Like any great work of science fiction, Humans draws from our current world to ask big questions about who we are now and what we might become. But although the synth may embody our collective fear of being replaced, the reality is that the android scenario helps obscure the fact that we already share a world with robots that exceed us in a variety of capacities. While we sit on the sofa watching the rise of androids on screen, the Roomba quietly cleans the carpet around us.
SAM
Construction workers on some sites are getting new, non-union help. SAM – short for semi-automated mason – is a robotic bricklayer being used to increase productivity as it works with human masons.
In this human-robot team, the robot is responsible for the more rote tasks: picking up bricks, applying mortar, and placing them in their designated location. A human handles the more nuanced activities, like setting up the worksite, laying bricks in tricky areas, such as corners, and handling aesthetic details, like cleaning up excess mortar.
Even in completing repetitive tasks, SAM still has to be fairly adaptable.
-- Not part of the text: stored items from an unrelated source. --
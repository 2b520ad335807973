-- ===== src/Base/Keyed.antt =====
-- A list with at most one element for each key, as the record collections of a PIT entry and the
-- next hops of a FIB entry are, through the operations that the source makes of find_if and erase.
use Prim.Native.Nat.{ℕ}
use mathlib.Core.Bool.{Bool}
use mathlib.Core.List.{List, [], ◌∷◌}
use mathlib.Core.Logic.{◌⊎◌, inl, inr, ◌≢◌}
use mathlib.Core.Option.{none, some}
use mathlib.Core.Path.{◌≡◌, refl, ◌∙◌}
use native.Mathlib.Omega.{arith}
use ndn_share.Base.Tests.{Bool-cases, ◌==◌}
use ndn_share.Base.Algorithm.{find_if, update_first, erase_first}
use ndn_share.Base.Search.{update_first_cases, find_if-erase_first_other}

module _ {A : Type 0} (key : A → ℕ) where
  abbrev pub by_key : ℕ → A → Bool
  by_key k x = key x == k

  abbrev pub OnePerKey : List A → Type 0
  OnePerKey [] = Unit
  OnePerKey (x ∷ xs) = (find_if (by_key (key x)) xs ≡ none) × OnePerKey xs

  -- A deletion may only make a search fail.
  find_if-erase_first-none :
      (j k : ℕ) (xs : List A)
      → find_if (by_key j) xs ≡ none
      → find_if (by_key j) (erase_first (by_key k) xs) ≡ none
  find_if-erase_first-none j k [] h = refl
  find_if-erase_first-none j k (x ∷ xs) h = ground (arith, find_if-erase_first-none j k xs)

  pub erase_first-OnePerKey :
      (k : ℕ) (xs : List A) → OnePerKey xs → OnePerKey (erase_first (by_key k) xs)
  erase_first-OnePerKey k [] u = tt
  erase_first-OnePerKey k (x ∷ xs) u = elim (Bool-cases (key x == k)) [
    | inl e ↦ rw e u.1
    | inr e ↦ rw e (find_if-erase_first-none (key x) k xs u.0, erase_first-OnePerKey k xs u.1)
  ]

  pub find_if-erase_first_self :
      (k : ℕ) (xs : List A) → OnePerKey xs → find_if (by_key k) (erase_first (by_key k) xs) ≡ none
  find_if-erase_first_self k [] u = refl
  find_if-erase_first_self k (x ∷ xs) u = elim (Bool-cases (key x == k)) [
    | inl e ↦ let same : key x ≡ k = ground arith in rw e (rw (← same) u.0)
    | inr e ↦ rw (e, e) (find_if-erase_first_self k xs u.1)
  ]

  pub find_if-erase_first_ne :
      (k j : ℕ) (xs : List A)
      → k ≢ j
      → find_if (by_key j) (erase_first (by_key k) xs) ≡ find_if (by_key j) xs
  find_if-erase_first_ne k j xs ne =
      find_if-erase_first_other (by_key k) (by_key j) xs (λ x e. ground arith)

  module _ (f : A → A) (keeps : (x : A) → key (f x) ≡ key x) where
    -- The update is seen at its key alone.
    pub find_if-update_first :
        (k : ℕ) (xs : List A)
        → ((find_if (by_key k) xs ≡ none) × (update_first (by_key k) f xs ≡ none))
          ⊎ ((old : A) × (ys : List A) × (find_if (by_key k) xs ≡ some old)
              × (update_first (by_key k) f xs ≡ some ys)
              × (find_if (by_key k) ys ≡ some (f old))
              × ((j : ℕ) → k ≢ j → find_if (by_key j) ys ≡ find_if (by_key j) xs))
    find_if-update_first k xs = elim (update_first_cases (by_key k) f xs) [
      | inl h ↦ inl h
      | inr (ys, e, u) ↦ inr (
        u.old,
        ys,
        u.was_found,
        e,
        u.is_found (rw (keeps u.old) u.passes),
        λ j ne.
            u.others (by_key j) (ground (arith, u.passes)) (ground (arith, u.passes, keeps u.old)),
      )
    ]

    pub update_first-OnePerKey :
        (k : ℕ) (xs ys : List A)
        → OnePerKey xs
        → update_first (by_key k) f xs ≡ some ys
        → OnePerKey ys
    unfolding update_first
    update_first-OnePerKey k [] ys u e = cc
    update_first-OnePerKey k (x ∷ xs) ys u e = elim (Bool-cases (key x == k)) [
      | inl hit ↦
          let same : f x ∷ xs ≡ ys = ground (arith, e, hit) in rw (← same) (rw (keeps x) u.0, u.1)
      | inr miss ↦ elim (find_if-update_first k xs) [
        | inl (absent, stuck) ↦ absurd (ground (arith, e, miss, stuck))
        | inr (old, zs, _, stored, _, others) ↦
            let same : x ∷ zs ≡ ys = ground (arith, e, miss, stored) in
            rw (← same)
              (others (key x) (ground arith) ∙ u.0, update_first-OnePerKey k xs zs u.1 stored)
      ]
    ]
It’s able to complete precise and level work while mounted on a scaffold that sways slightly in the wind. The robot can correct for the differences between theoretical building specifications and what’s actually on site, says Scott Peters, cofounder of Construction Robotics, a company based in Victor, New York, that designed SAM as its debut product.
“In construction, your design will say that a window is located exactly 30 feet from the corner of a building, and in reality when you get to the building, nothing is ever where it says it’s supposed to be,” Peters says. “Masons know how to adapt to that, so we had to design a robot that knows how to do that, too.”
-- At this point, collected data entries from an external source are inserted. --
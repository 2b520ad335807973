-- ===== src/Base/Positions.antt =====
-- Positions in a list, and in the part of it between two positions.
use mathlib.Core.Bool.{Bool, true, false}
use mathlib.Core.List.{List, [], ◌∷◌}
use mathlib.Core.Logic.{inl, inr}
use mathlib.Core.Option.{none, some}
use mathlib.Core.Path.{◌≡◌, refl, ap, ◌∙◌}
use Prim.Native.Nat.{ℕ, zero, suc, ◌+◌, ◌≤◌, ◌<◌}
use native.Mathlib.Omega.{arith}
use ndn_share.Base.Tests.{Bool-cases, ltb, if◌then◌else◌}
use ndn_share.Base.Lists.{length, get_elem?, take, drop}
use ndn_share.Base.Algorithm.{find_if}

module _ {A : Type 0} where
  pub get_elem?-take :
      (n i : ℕ) (xs : List A) → get_elem? (take n xs) i ≡ (if ltb i n then get_elem? xs i else none)
  get_elem?-take zero i xs = ground arith
  get_elem?-take (suc n) i [] = ground arith
  get_elem?-take (suc n) zero (x ∷ xs) = ground arith
  get_elem?-take (suc n) (suc i) (x ∷ xs) = ground (arith, get_elem?-take n i xs)

  pub get_elem?-drop : (n i : ℕ) (xs : List A) → get_elem? (drop n xs) i ≡ get_elem? xs (n + i)
  get_elem?-drop zero i xs = ap (get_elem? xs) (omega arith)
  get_elem?-drop (suc n) i [] = refl
  get_elem?-drop (suc n) i (x ∷ xs) =
      let e : suc (n + i) ≡ suc n + i = omega arith in
      get_elem?-drop n i xs ∙ ap (get_elem? (x ∷ xs)) e

  pub get_elem?-length : (i : ℕ) (xs : List A) → i < length xs → (a : A) × (get_elem? xs i ≡ some a)
  get_elem?-length i [] h = absurd (omega arith)
  get_elem?-length zero (x ∷ xs) h = (x, refl)
  get_elem?-length (suc i) (x ∷ xs) h = get_elem?-length i xs (omega arith)

  pub get_elem?-some : (i : ℕ) (xs : List A) (a : A) → get_elem? xs i ≡ some a → i < length xs
  get_elem?-some i [] a h = absurd (cc)
  get_elem?-some zero (x ∷ xs) a h = omega arith
  get_elem?-some (suc i) (x ∷ xs) a h = omega (arith, get_elem?-some i xs a h)

  -- An element at a position in [first, last).
  pub record Between (first last : ℕ) (xs : List A) (a : A) : Type 0 where
    pub position : ℕ
    pub from : first ≤ position
    pub before : position < last
    pub is_at : get_elem? xs position ≡ some a

  pub find_if-position :
      (p : A → Bool) (xs : List A) (a : A)
      → find_if p xs ≡ some a
      → (p a ≡ true) × ((i : ℕ) × (get_elem? xs i ≡ some a))
  find_if-position p [] a h = absurd (cc)
  find_if-position p (x ∷ xs) a h = elim (Bool-cases (p x)) [
    | inl e ↦ let same : x ≡ a = ground (arith, h, e) in (rw (← same) e, (zero, ap some same))
    | inr e ↦
        let (holds, (i, is_at)) = find_if-position p xs a (ground (arith, h, e)) in
        (holds, (suc i, is_at))
  ]

  pub find_if-none :
      (p : A → Bool) (xs : List A) (i : ℕ) (a : A)
      → find_if p xs ≡ none
      → get_elem? xs i ≡ some a
      → p a ≡ false
  find_if-none p [] i a h is_at = absurd (cc)
  find_if-none p (x ∷ xs) zero a h is_at = ground arith
  find_if-none p (x ∷ xs) (suc i) a h is_at = find_if-none p xs i a (ground arith) is_at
In its current iteration, the system is best suited to work on large swaths of flat walls, most commonly found in projects for universities, hospitals, and other large sites. But some amount of detailed work isn’t beyond the system’s abilities. SAM can emblazon a company logo in brick on a wall, for instance, by following a pixelated map of the image. It can also bump bricks in or out by about half an inch, to create a textured look to a wall face.
SAM is able to apply mortar to bricks before laying them, without human help.
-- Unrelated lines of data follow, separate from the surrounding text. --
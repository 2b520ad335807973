-- ===== src/Cs.antt =====
-- The Content Store (table/cs.cpp): its entries (Cs/Entry), their order (Cs/Order), the replacement
-- policies (Cs/Policy, Cs/Lru, Cs/PriorityFifo), and the store (Cs/Store).
pub mod Entry
pub mod Order
pub mod Policy
pub mod Lru
pub mod PriorityFifo
pub mod Store
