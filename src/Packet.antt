-- ===== src/Packet.antt =====
-- Network packets of ndn-cxx, as the fields that the forwarder reads and writes. Names are
-- ndn-cxx's: their type is a parameter, and what is asked of them is the record NameOps.
-- Times are nanoseconds from TimePoint::min().
use ndn_share.Base.{ℕ, ◌*◌, Bool, Option, List, ℤ, pos, negsuc}

pub record NameOps (Name : Type 0) : Type 0 where
  pub discrete : Discrete Name
  pub is_prefix_of : Name → Name → Bool
  pub localhost : Name
  pub localhop : Name
  pub to_uri : Name → List ℕ
  pub of_uri : List ℕ → Name

-- Durations are in milliseconds; a negative one stands for an absent field.
pub record Interest (Name : Type 0) : Type 0 where
  pub name : Name
  pub selectors : ℕ
  pub nonce : ℕ
  pub lifetime : ℤ
  pub must_be_fresh : Bool
  pub queried_name : Option Name
  pub next_hop_face_id : Option ℕ

pub record Data (Name : Type 0) : Type 0 where
  pub name : Name
  pub content : ℕ
  pub freshness_period : ℤ

abbrev pub nanoseconds : ℕ → ℕ
nanoseconds milliseconds = 1_000_000 * milliseconds

-- ndn::DEFAULT_INTEREST_LIFETIME is ndn-cxx's: a parameter of what uses it.
abbrev pub lifetime_or : ℕ → ℤ → ℕ
lifetime_or default_lifetime (pos ms) = ms
lifetime_or default_lifetime (negsuc _) = default_lifetime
The robot is able to do all of this using a set of algorithms, a handful of sensors that measure incline angles, velocity, and orientation, and a laser. The laser is rigged up between two poles at the extreme left and right sides of the robot’s work space, and moves up and down the wall as work progresses to act as an anchor point for the robot. Without this, the robot would not know exactly where to lay brick, or how to assess its motion on the scaffold relative to where the wall is.
Peters says SAM’s purpose is to leverage human jobs, not entirely replace them - a human mason can lay about 300 to 500 bricks a day, while SAM can lay about 800 to 1,200 bricks a day. One human plus one SAM equals the productivity of having four or more masons on the job.
Also in the family of robot construction workers is an Australian-designed machine called Hadrian, which can purportedly build a house made of 15,000 bricks in about two days. Hadrian, however, is still a prototype, while Construction Robotics will do its first limited commercial release of SAM this fall. Three units are for sale, each with a price tag around half a million dollars. With this cost in mind, Peters stresses that this kind of system will have the most payback on major commercial projects.